**Directions:** Your answer must be every line of the data below that holds the string "cached", copied exactly.

Saved entries
============

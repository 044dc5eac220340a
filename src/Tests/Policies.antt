-- ===== src/Tests/Policies.antt =====
-- An edit of the task.md that a session owns, and an instance of the theorem on allowed edits.
use playbook_harness.Base.{◌≡◌, refl, ◌⊎◌, true, false, Option, none, some, [], ◌++◌}
use playbook_harness.Text.{Text, codes, text_eq, text_mem}
use playbook_harness.Policy.{
  ProviderCapabilities, SessionFacts, ToolEvent, allow, is_set, is_told, code_tools, normalized,
  split_path, last_parts, is_task_control_path, is_management_path, is_code_file_path,
  evaluate_tool_call,
}
use playbook_harness.Policy.Admission.{OwnsControl, evaluate_tool_call-allow}

abbrev pub in_work_tree : Text → Text
in_work_tree path = codes "/work/" ++ path

abbrev pub markdown : Text → Text
markdown path = codes ".md"

abbrev no_error : Text → Text → Text → Option Text
no_error path tool input = none

abbrev pub claude : ProviderCapabilities
claude = record {
  has_user_prompt_hook = true;
  has_pre_tool_hook = true;
  has_post_tool_hook = true;
  has_stop_hook = true;
}

abbrev pub facts : SessionFacts
facts = record {
  active_task_number = some 7;
  active_task_path = some (codes ".agent/tasks/007-x/task.md");
  authority_error = none;
}

abbrev edit : ToolEvent Text
edit = record {
  tool_name = codes "Edit";
  tool_input = [];
  file_path = codes ".agent/tasks/007-x/task.md";
}

edit-is_code_tool : text_mem (codes "Edit") code_tools ≡ true
unfolding text_mem text_eq
edit-is_code_tool = refl

edit-allowed : evaluate_tool_call in_work_tree markdown no_error claude facts edit ≡ allow
unfolding evaluate_tool_call text_mem text_eq is_task_control_path normalized split_path last_parts
edit-allowed = refl

evaluate_tool_call-allow_example :
    (is_told facts.authority_error ≡ false)
    × (((is_task_control_path edit.file_path ≡ true)
          × OwnsControl in_work_tree markdown no_error facts edit)
        ⊎ ((is_task_control_path edit.file_path ≡ false)
            × ((is_set facts.active_task_number ≡ true)
                ⊎ ((is_management_path edit.file_path ≡ true)
                    ⊎ (is_code_file_path markdown edit.file_path ≡ false)))))
evaluate_tool_call-allow_example =
    evaluate_tool_call-allow in_work_tree markdown no_error claude facts edit edit-is_code_tool
      edit-allowed
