-- ===== src/Runtime/Order.antt =====
-- Lists whose elements stand in an order.
use podtrace.Prelude.{ℕ, ◌≤◌, ◌≡◌, Bool, false, List, [], ◌∷◌, ltb, All}
use podtrace.Float.{Float}

-- Each element and all behind it are related.
abbrev pub Ordered {ℓ} : {A : Type ℓ} → (A → A → Type 0) → List A → Type 0
Ordered R [] = Unit {0}
Ordered R (x ∷ xs) = All (R x) xs × Ordered R xs

-- No later key is above an earlier one.
abbrev pub IsDescending {ℓ} : {A : Type ℓ} → (A → ℕ) → List A → Type 0
IsDescending key = Ordered (λ x y. key y ≤ key x)

-- No later float is below an earlier one.
abbrev pub IsAscending : {F : Type 0} ⦃f : Float F⦄ → List F → Type 0
IsAscending ⦃f⦄ = Ordered (λ x y. f.lt y x ≡ false)

-- `s[i].count > s[j].count`, the test that the program sorts by.
abbrev pub more {ℓ} : {A : Type ℓ} → (A → ℕ) → A → A → Bool
more key x y = ltb (key y) (key x)
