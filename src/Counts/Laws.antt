-- ===== src/Counts/Laws.antt =====
-- What a map of counters holds after a run of increments.
use podtrace.Prelude.{
  ℕ, ◌+◌, ◌≤◌, ◌≡◌, ◌≢◌, refl, Bool, ◌&&◌, List, [], ◌∷◌, if◌then◌else◌, All, length, sum_by,
  count_if, arith, Bool-cases, inl, inr, sym,
}
use podtrace.Runtime.Order.{Ordered}
use podtrace.Counts.{Eq, Counts, increment, count_of}

-- The sum of all counters.
abbrev pub total : {K : Type 0} → Counts K → ℕ
total = sum_by (λ j. j.count)

-- No entry for a key.
abbrev pub Absent : {K : Type 0} → K → Counts K → Type 0
Absent k = All (λ j. j.key ≢ k)

-- At most one entry for each key.
abbrev pub IsMap : {K : Type 0} → Counts K → Type 0
IsMap = Ordered (λ i j. j.key ≢ i.key)

-- Every counter has been raised.
abbrev pub IsRaised : {K : Type 0} → Counts K → Type 0
IsRaised = All (λ j. 1 ≤ j.count)

module _ {K : Type 0} ⦃e : Eq K⦄ where
  pub total-increment : (k : K) (m : Counts K) → total (increment k m) ≡ total m + 1
  unfolding increment
  total-increment k [] = refl
  total-increment k (j ∷ m) = ground (arith, total-increment k m)

  pub count_of-increment :
      (k i : K) (m : Counts K)
      → count_of i (increment k m) ≡ (if e.beq k i then 1 else 0) + count_of i m
  unfolding increment count_of
  count_of-increment k i [] = ground arith
  count_of-increment k i (j ∷ m) =
      ground (arith, e.beq_iff j.key k, e.beq_iff j.key i, e.beq_iff k i, count_of-increment k i m)

  increment-Absent : (k i : K) (m : Counts K) → k ≢ i → Absent i m → Absent i (increment k m)
  unfolding increment
  increment-Absent k i [] n h = (n, tt)
  increment-Absent k i (j ∷ m) n h = ground (arith, increment-Absent k i m n h.1)

  pub increment-IsMap : (k : K) (m : Counts K) → IsMap m → IsMap (increment k m)
  unfolding increment
  increment-IsMap k [] h = (tt, tt)
  increment-IsMap k (j ∷ m) h = elim (Bool-cases (e.beq j.key k)) [
    | inl q ↦ rw q h
    | inr q ↦ rw q (
      increment-Absent k j.key m (λ s. ground (arith, e.beq_iff j.key k, sym s)) h.0,
      increment-IsMap k m h.1,
    )
  ]

  pub increment-IsRaised : (k : K) (m : Counts K) → IsRaised m → IsRaised (increment k m)
  unfolding increment
  increment-IsRaised k [] h = omega arith
  increment-IsRaised k (j ∷ m) h = ground (arith, increment-IsRaised k m h.1)

  -- A map's entry is what a lookup of its key gives.
  pub count_of_entry : (m : Counts K) → IsMap m → All (λ j. count_of j.key m ≡ j.count) m
  unfolding count_of
  count_of_entry [] h = tt
  count_of_entry (j ∷ m) h =
      (ground (arith, e.beq_iff j.key j.key), later m h.0 (count_of_entry m h.1))
    where
      later :
          (n : Counts K)
          → Absent j.key n
          → All (λ i. count_of i.key m ≡ i.count) n
          → All (λ i. (if e.beq j.key i.key then j.count else count_of i.key m) ≡ i.count) n
      later [] a b = tt
      later (i ∷ n) a b = (ground (arith, e.beq_iff j.key i.key), later n a.1 b.1)

-- The loop `for x in xs { if test x { m[key x]++ } }`.
module _ {A K : Type 0} ⦃e : Eq K⦄ (test : A → Bool) (key : A → K) where
  unfoldable pub tally : List A → Counts K → Counts K
  tally [] m = m
  tally (x ∷ xs) m = tally xs (if test x then increment (key x) m else m)

  pub total-tally : (xs : List A) (m : Counts K) → total (tally xs m) ≡ count_if test xs + total m
  unfolding tally
  total-tally [] m = omega arith
  total-tally (x ∷ xs) m = elim (Bool-cases (test x)) [
    | inl q ↦ rw q (omega (arith, total-tally xs (increment (key x) m), total-increment (key x) m))
    | inr q ↦ rw q (omega (arith, total-tally xs m))
  ]

  pub count_of-tally :
      (i : K) (xs : List A) (m : Counts K)
      → count_of i (tally xs m) ≡ count_if (λ x. test x && e.beq (key x) i) xs + count_of i m
  unfolding tally
  count_of-tally i [] m = omega arith
  count_of-tally i (x ∷ xs) m = elim (Bool-cases (test x)) [
    | inl q ↦
        rw q (
          ground (arith, count_of-tally i xs (increment (key x) m), count_of-increment (key x) i m))
    | inr q ↦ rw q (omega (arith, count_of-tally i xs m))
  ]

  pub tally-IsMap : (xs : List A) (m : Counts K) → IsMap m → IsMap (tally xs m)
  unfolding tally
  tally-IsMap [] m h = h
  tally-IsMap (x ∷ xs) m h = elim (Bool-cases (test x)) [
    | inl q ↦ rw q (tally-IsMap xs (increment (key x) m) (increment-IsMap (key x) m h))
    | inr q ↦ rw q (tally-IsMap xs m h)
  ]

  pub tally-IsRaised : (xs : List A) (m : Counts K) → IsRaised m → IsRaised (tally xs m)
  unfolding tally
  tally-IsRaised [] m h = h
  tally-IsRaised (x ∷ xs) m h = elim (Bool-cases (test x)) [
    | inl q ↦ rw q (tally-IsRaised xs (increment (key x) m) (increment-IsRaised (key x) m h))
    | inr q ↦ rw q (tally-IsRaised xs m h)
  ]

-- There are no more entries than what they count.
pub length-total : {K : Type 0} (m : Counts K) → IsRaised m → length m ≤ total m
length-total [] h = omega arith
length-total (j ∷ m) h = omega (arith, length-total m h.1)
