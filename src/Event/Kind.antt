-- ===== src/Event/Kind.antt =====
-- The names of the event types, `EventDNS` and the seven that follow it.
use podtrace.Prelude.{ℕ}

-- `EventType` is a `uint32`: the kernel may send a number that has no name.
abbrev pub EventType : Type 0
EventType = ℕ

abbrev pub dns : EventType
dns = 0

abbrev pub connect : EventType
connect = 1

abbrev pub tcp_send : EventType
tcp_send = 2

abbrev pub tcp_recv : EventType
tcp_recv = 3

abbrev pub write : EventType
write = 4

abbrev pub read : EventType
read = 5

abbrev pub fsync : EventType
fsync = 6

abbrev pub sched_switch : EventType
sched_switch = 7
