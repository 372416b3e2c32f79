-- ===== src/Event.antt =====
-- internal/events/events.go: an event, its types and its labels. The messages are in the child.
pub mod Kind
pub mod Message
use podtrace.Prelude.{
  ℕ, ◌^◌, ◌<◌, ◌≤◌, ◌≡◌, Bool, true, false, ◌&&◌, ◌||◌, not, ◌==◌, ltb, if◌then◌else◌,
}
use podtrace.Prelude.Int.{ℤ, pos, negsuc}
use podtrace.Event.Kind
use podtrace.Event.Kind.{EventType}
use podtrace.Strings.{Bytes, codes}

pub record Event : Type 0 where
  pub timestamp : ℕ
  pub pid : ℕ
  pub process_name : Bytes
  pub type : EventType
  pub latency_ns : ℕ
  pub error : ℤ
  pub target : Bytes
  pub details : Bytes

-- `e.Error != 0`
abbrev pub is_error : ℤ → Bool
is_error (pos n) = not (n == 0)
is_error (negsuc n) = true

-- `e.Error < 0 && e.Error != -11`: an `EAGAIN` is no error.
abbrev pub is_tcp_error : ℤ → Bool
is_tcp_error (pos n) = false
is_tcp_error (negsuc n) = not (n == 10)

unfoldable pub type_string : Event → Bytes
type_string e =
    if e.type == Kind.dns
    then codes "DNS"
    else if e.type == Kind.connect
    then codes "NET"
    else if e.type == Kind.tcp_send || e.type == Kind.tcp_recv
    then codes "NET"
    else if e.type == Kind.write || e.type == Kind.read
    then codes "FS"
    else if e.type == Kind.fsync
    then codes "FS"
    else if e.type == Kind.sched_switch
    then codes "CPU"
    else codes "UNKNOWN"
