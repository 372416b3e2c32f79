-- ===== src/Diagnose.antt =====
-- The collector of internal/diagnose/diagnose.go: its state, and the choice of the events of a type.
-- Times are nanoseconds since 1970; both of the collector's are readings of the clock.
pub mod Filter
pub mod Latency
pub mod Analyze
pub mod Activity
pub mod Window
pub mod CpuUsage
pub mod Report
use podtrace.Prelude.{ℕ, ◌-◌, List, [], ◌∷◌, ◌++◌, ◌==◌, if◌then◌else◌}
use podtrace.Event.{Event}
use podtrace.Event.Kind.{EventType}

pub record Diagnostician : Type 0 where
  pub events : List Event
  pub start_time : ℕ
  pub end_time : ℕ

-- The argument is `time.Now()`; the end is not set yet.
unfoldable pub new_diagnostician : ℕ → Diagnostician
new_diagnostician now = record { events = []; start_time = now; end_time = 0 }

unfoldable pub add_event : Diagnostician → Event → Diagnostician
add_event d event = record d { events = d.events ++ event ∷ [] }

unfoldable pub finish : Diagnostician → ℕ → Diagnostician
finish d now = record d { end_time = now }

-- The loop of `filterEvents` over the events of the collector.
unfoldable pub filter_events : EventType → List Event → List Event
filter_events kind [] = []
filter_events kind (e ∷ es) =
    let rest = filter_events kind es in if e.type == kind then e ∷ rest else rest
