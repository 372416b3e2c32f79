-- ===== src/Runtime.antt =====
-- What Go leaves open: the order in which a `range` visits a map, and where an unstable sort puts
-- elements that compare equal. Both are functions of which only the documented laws are known.
pub mod Order
pub mod Perm
pub mod Insertion
use mathlib.Core.List.{Permᴰ}
use podtrace.Prelude.{ℕ, ◌≤◌, ◌≡◌, Bool, true, false, List, [], ◌∷◌, ltb, All}
use podtrace.Float.{Float}
use podtrace.Runtime.Order.{IsDescending, IsAscending, more}

pub record Runtime (F : Type 0) : Type 1 where
  -- `for k, v := range m`
  pub iterate : (A : Type 0) → List A → List A
  -- `sort.Slice(s, less)`, with `less` on elements
  pub sort_slice : (A : Type 0) → (A → A → Bool) → List A → List A
  -- `sort.Float64s(s)`
  pub sort_floats : List F → List F

pub record IsRuntime (F : Type 0) ⦃f : Float F⦄ (r : Runtime F) : Type 1 where
  pub iterate_perm : (A : Type 0) (xs : List A) → Permᴰ (r.iterate A xs) xs
  pub sort_slice_perm :
      (A : Type 0) (less : A → A → Bool) (xs : List A) → Permᴰ (r.sort_slice A less xs) xs
  pub sort_slice_descending :
      (A : Type 0) (key : A → ℕ) (xs : List A) → IsDescending key (r.sort_slice A (more key) xs)
  pub sort_floats_perm : (xs : List F) → Permᴰ (r.sort_floats xs) xs
  pub sort_floats_ascending : (xs : List F) → IsAscending (r.sort_floats xs)
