-- ===== src/ProcName.antt =====
-- The names of processes: `getProcessNameQuick` of internal/ebpf/tracer.go and `getProcessName` of
-- internal/diagnose/diagnose.go. Each package has a cache of its own.
pub mod Parse
pub mod Cache
use podtrace.Prelude.{
  ℕ, zero, suc, ◌+◌, ◌-◌, Bool, ◌&&◌, Option, none, some, List, [], ◌∷◌, ◌==◌, ltb, if◌then◌else◌,
  take, drop, get_elem?,
}
use podtrace.Strings.{
  Bytes, codes, is_empty, has_prefix, trim_space, split_byte, index_byte, last_index_byte, fields,
}

-- The files of `/proc/<pid>`, with `none` where reading fails.
pub record ProcFs : Type 0 where
  pub cmdline : ℕ → Option Bytes
  pub stat : ℕ → Option Bytes
  pub comm : ℕ → Option Bytes
  pub exe : ℕ → Option Bytes
  pub status : ℕ → Option Bytes

-- What stands behind the last slash, or all of it.
unfoldable pub base_name : Bytes → Bytes
base_name s = elim (last_index_byte b'/' s) [ some i ↦ drop (suc i) s | none ↦ s ]

-- `s[start+1 : end]`, if both were found in this order.
unfoldable pub between : Bytes → Option ℕ → Option ℕ → Bytes
between s (some start) (some end) =
    if ltb start end then take (end - suc start) (drop (suc start) s) else []
between s (some start) none = []
between s none end = []

-- The text between the first `(` and the last `)`, if they stand in this order.
unfoldable pub from_stat : Bytes → Bytes
from_stat s = between s (index_byte b'(' s) (last_index_byte b')' s)

-- The base name of the first argument.
unfoldable pub from_cmdline : Bytes → Bytes
from_cmdline s = elim (split_byte 0 s) [
  | [] ↦ []
  | ◌∷◌ first rest ↦ if is_empty first then [] else base_name first
]

-- The second word of the first line that begins with `Name:` and has two.
unfoldable pub from_status : List Bytes → Bytes
from_status [] = []
from_status (line ∷ lines) =
    let rest = from_status lines in
    if has_prefix (codes "Name:") line
    then elim (get_elem? (fields line) 1) [ some name ↦ name | none ↦ rest ]
    else rest

-- A file that could not be read gives no name.
abbrev pub from_file : (Bytes → Bytes) → Option Bytes → Bytes
from_file parse none = []
from_file parse (some raw) = parse raw

-- `if name == "" { name = next }`
abbrev pub or_else : Bytes → Bytes → Bytes
or_else [] next = next
or_else (c ∷ s) next = c ∷ s

-- The sources of `getProcessNameQuick`, in their order.
unfoldable pub read_name_quick : ProcFs → ℕ → Bytes
read_name_quick fs pid =
    or_else (from_file from_cmdline (fs.cmdline pid))
      (or_else (from_file from_stat (fs.stat pid)) (from_file trim_space (fs.comm pid)))

-- The sources of `getProcessName`, in their order.
unfoldable pub read_name : ProcFs → ℕ → Bytes
read_name fs pid = or_else (from_file from_stat (fs.stat pid)) (
    or_else (from_file trim_space (fs.comm pid)) (
      or_else (from_file from_cmdline (fs.cmdline pid)) (
        or_else (from_file base_name (fs.exe pid))
          (from_file (λ raw. from_status (split_byte b'\n' raw)) (fs.status pid)))))

-- `processNameCache`, the newest entry first.
abbrev pub Cache : Type 0
Cache = List (ℕ × Bytes)

unfoldable pub cached : Cache → ℕ → Option Bytes
cached [] pid = none
cached ((p, name) ∷ c) pid = if p == pid then some name else cached c pid

-- The lookup, and the read and the store where there is no entry; the result is the name and the
-- cache. The name is stored also if it is empty.
abbrev pub through_cache : (ℕ → Bytes) → Cache → ℕ → Bytes × Cache
through_cache read c pid = elim (cached c pid) [
  | some name ↦ (name, c)
  | none ↦ (read pid, (pid, read pid) ∷ c)
]

unfoldable pub get_process_name_quick : ProcFs → Cache → ℕ → Bytes × Cache
get_process_name_quick fs = through_cache (read_name_quick fs)

unfoldable pub get_process_name : ProcFs → Cache → ℕ → Bytes × Cache
get_process_name fs = through_cache (read_name fs)
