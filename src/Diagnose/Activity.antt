-- ===== src/Diagnose/Activity.antt =====
-- `analyzeProcessActivity` of internal/diagnose/diagnose.go.
pub mod Infos
pub mod Correct
use podtrace.Prelude.{ℕ, Bool, List, [], ◌∷◌, ◌==◌, if◌then◌else◌, length}
use podtrace.Strings.{Bytes, codes, is_empty}
use podtrace.Float.{Float}
use podtrace.Runtime.{Runtime}
use podtrace.Runtime.Order.{more}
use podtrace.Counts.{Eq, nat_keys, Entry, Counts, increment}
use podtrace.Event.{Event}
use podtrace.ProcName.{ProcFs, Cache, or_else, get_process_name}

pub record PidInfo (F : Type 0) : Type 0 where
  pub pid : ℕ
  pub name : Bytes
  pub count : ℕ
  pub percentage : F

-- `pidMap[e.PID]++` for every event
unfoldable pub pid_loop : List Event → Counts ℕ → Counts ℕ
pid_loop [] m = m
pid_loop (e ∷ es) m = pid_loop es (increment e.pid m)

-- The first name that an event of the process carries.
unfoldable pub first_name : ℕ → List Event → Bytes
first_name pid [] = []
first_name pid (e ∷ es) =
    let rest = first_name pid es in if e.pid == pid then or_else e.process_name rest else rest

-- The name of a process: from its events, else from `/proc` or the cache, else "unknown".
unfoldable pub resolve_name : ProcFs → List Event → Cache → ℕ → Bytes × Cache
resolve_name fs events c pid = elim (first_name pid events) [
  | [] ↦ let (name, c') = get_process_name fs c pid in (or_else name (codes "unknown"), c')
  | ◌∷◌ b name ↦ (b ∷ name, c)
]

module _ {F : Type 0} ⦃f : Float F⦄ where
  open f use {of_nat, mul, div}

  -- The loop over the entries of `pidMap`; the cache goes from one round to the next.
  unfoldable pub build_infos :
      ProcFs → List Event → List (Entry ℕ) → Cache → List (PidInfo F) × Cache
  build_infos fs events [] c = ([], c)
  build_infos fs events (j ∷ js) c =
      let (name, c') = resolve_name fs events c j.key in
      let (infos, c'') = build_infos fs events js c' in
      (
        record {
          pid = j.key;
          name = name;
          count = j.count;
          percentage = mul (div (of_nat j.count) (of_nat (length events))) (of_nat 100);
        }
            ∷ infos,
        c'',
      )

  unfoldable pub analyze_process_activity :
      Runtime F → ProcFs → List Event → Cache → List (PidInfo F) × Cache
  analyze_process_activity r fs events c =
      let (infos, c') = build_infos fs events (r.iterate (Entry ℕ) (pid_loop events [])) c in
      (r.sort_slice (PidInfo F) (more (λ i. i.count)) infos, c')
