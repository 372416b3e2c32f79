-- ===== src/Runtime/Perm.antt =====
-- What a permutation keeps.
use mathlib.Core.List.{Permᴰ}
use podtrace.Runtime.Order.{Ordered}
use podtrace.Prelude.{ℕ, ◌≡◌, refl, subst, Bool, List, length, All, sum_by, count_if, arith}

module _ {ℓ} {A : Type ℓ} where
  pub sum_by-perm : (key : A → ℕ) {xs ys : List A} → Permᴰ xs ys → sum_by key xs ≡ sum_by key ys
  sum_by-perm key Permᴰ.nil = refl
  sum_by-perm key (Permᴰ.cons e p) = rw e (omega (arith, sum_by-perm key p))
  sum_by-perm key (Permᴰ.swap e d) = rw (e, d) (omega arith)
  sum_by-perm key (Permᴰ.trans p q) = omega (arith, sum_by-perm key p, sum_by-perm key q)

  pub count_if-perm :
      (test : A → Bool) {xs ys : List A} → Permᴰ xs ys → count_if test xs ≡ count_if test ys
  count_if-perm test Permᴰ.nil = refl
  count_if-perm test (Permᴰ.cons e p) = rw e (omega (arith, count_if-perm test p))
  count_if-perm test (Permᴰ.swap e d) = rw (e, d) (omega arith)
  count_if-perm test (Permᴰ.trans p q) = omega (arith, count_if-perm test p, count_if-perm test q)

  pub length-perm : {xs ys : List A} → Permᴰ xs ys → length xs ≡ length ys
  length-perm Permᴰ.nil = refl
  length-perm (Permᴰ.cons e p) = omega (arith, length-perm p)
  length-perm (Permᴰ.swap e d) = refl
  length-perm (Permᴰ.trans p q) = omega (arith, length-perm p, length-perm q)

  pub All-perm {κ} : (P : A → Type κ) {xs ys : List A} → Permᴰ xs ys → All P xs → All P ys
  All-perm P Permᴰ.nil h = h
  All-perm P (Permᴰ.cons e p) (h, hs) = (subst P e h, All-perm P p hs)
  All-perm P (Permᴰ.swap e d) (h, (k, hs)) = (subst P d k, (subst P e h, hs))
  All-perm P (Permᴰ.trans p q) h = All-perm P q (All-perm P p h)

  -- A symmetric relation between all pairs does not depend on the order.
  pub Ordered-perm :
      (R : A → A → Type 0)
      → ((x y : A) → R x y → R y x)
      → {xs ys : List A} → Permᴰ xs ys
      → Ordered R xs
      → Ordered R ys
  Ordered-perm R s Permᴰ.nil h = h
  Ordered-perm R s (Permᴰ.cons {l₂ = ys} e p) (h, hs) =
      (subst (λ x. All (R x) ys) e (All-perm (R _) p h), Ordered-perm R s p hs)
  Ordered-perm R s (Permᴰ.swap {a = x} {b = y} {b' = z} {l = l} e d) ((r, h), (k, hs)) =
      let near = subst (λ w. R w z) d (subst (λ w. R y w) e (s x y r)) in
      ((near, subst (λ w. All (R w) l) d k), (subst (λ w. All (R w) l) e h, hs))
  Ordered-perm R s (Permᴰ.trans p q) h = Ordered-perm R s q (Ordered-perm R s p h)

============

**Task result:**
unfoldable pub cached : Cache → ℕ → Option Bytes
cached [] pid = none
cached ((p, name) ∷ c) pid = if p == pid then some name else cached c pid
through_cache read c pid = elim (cached c pid) [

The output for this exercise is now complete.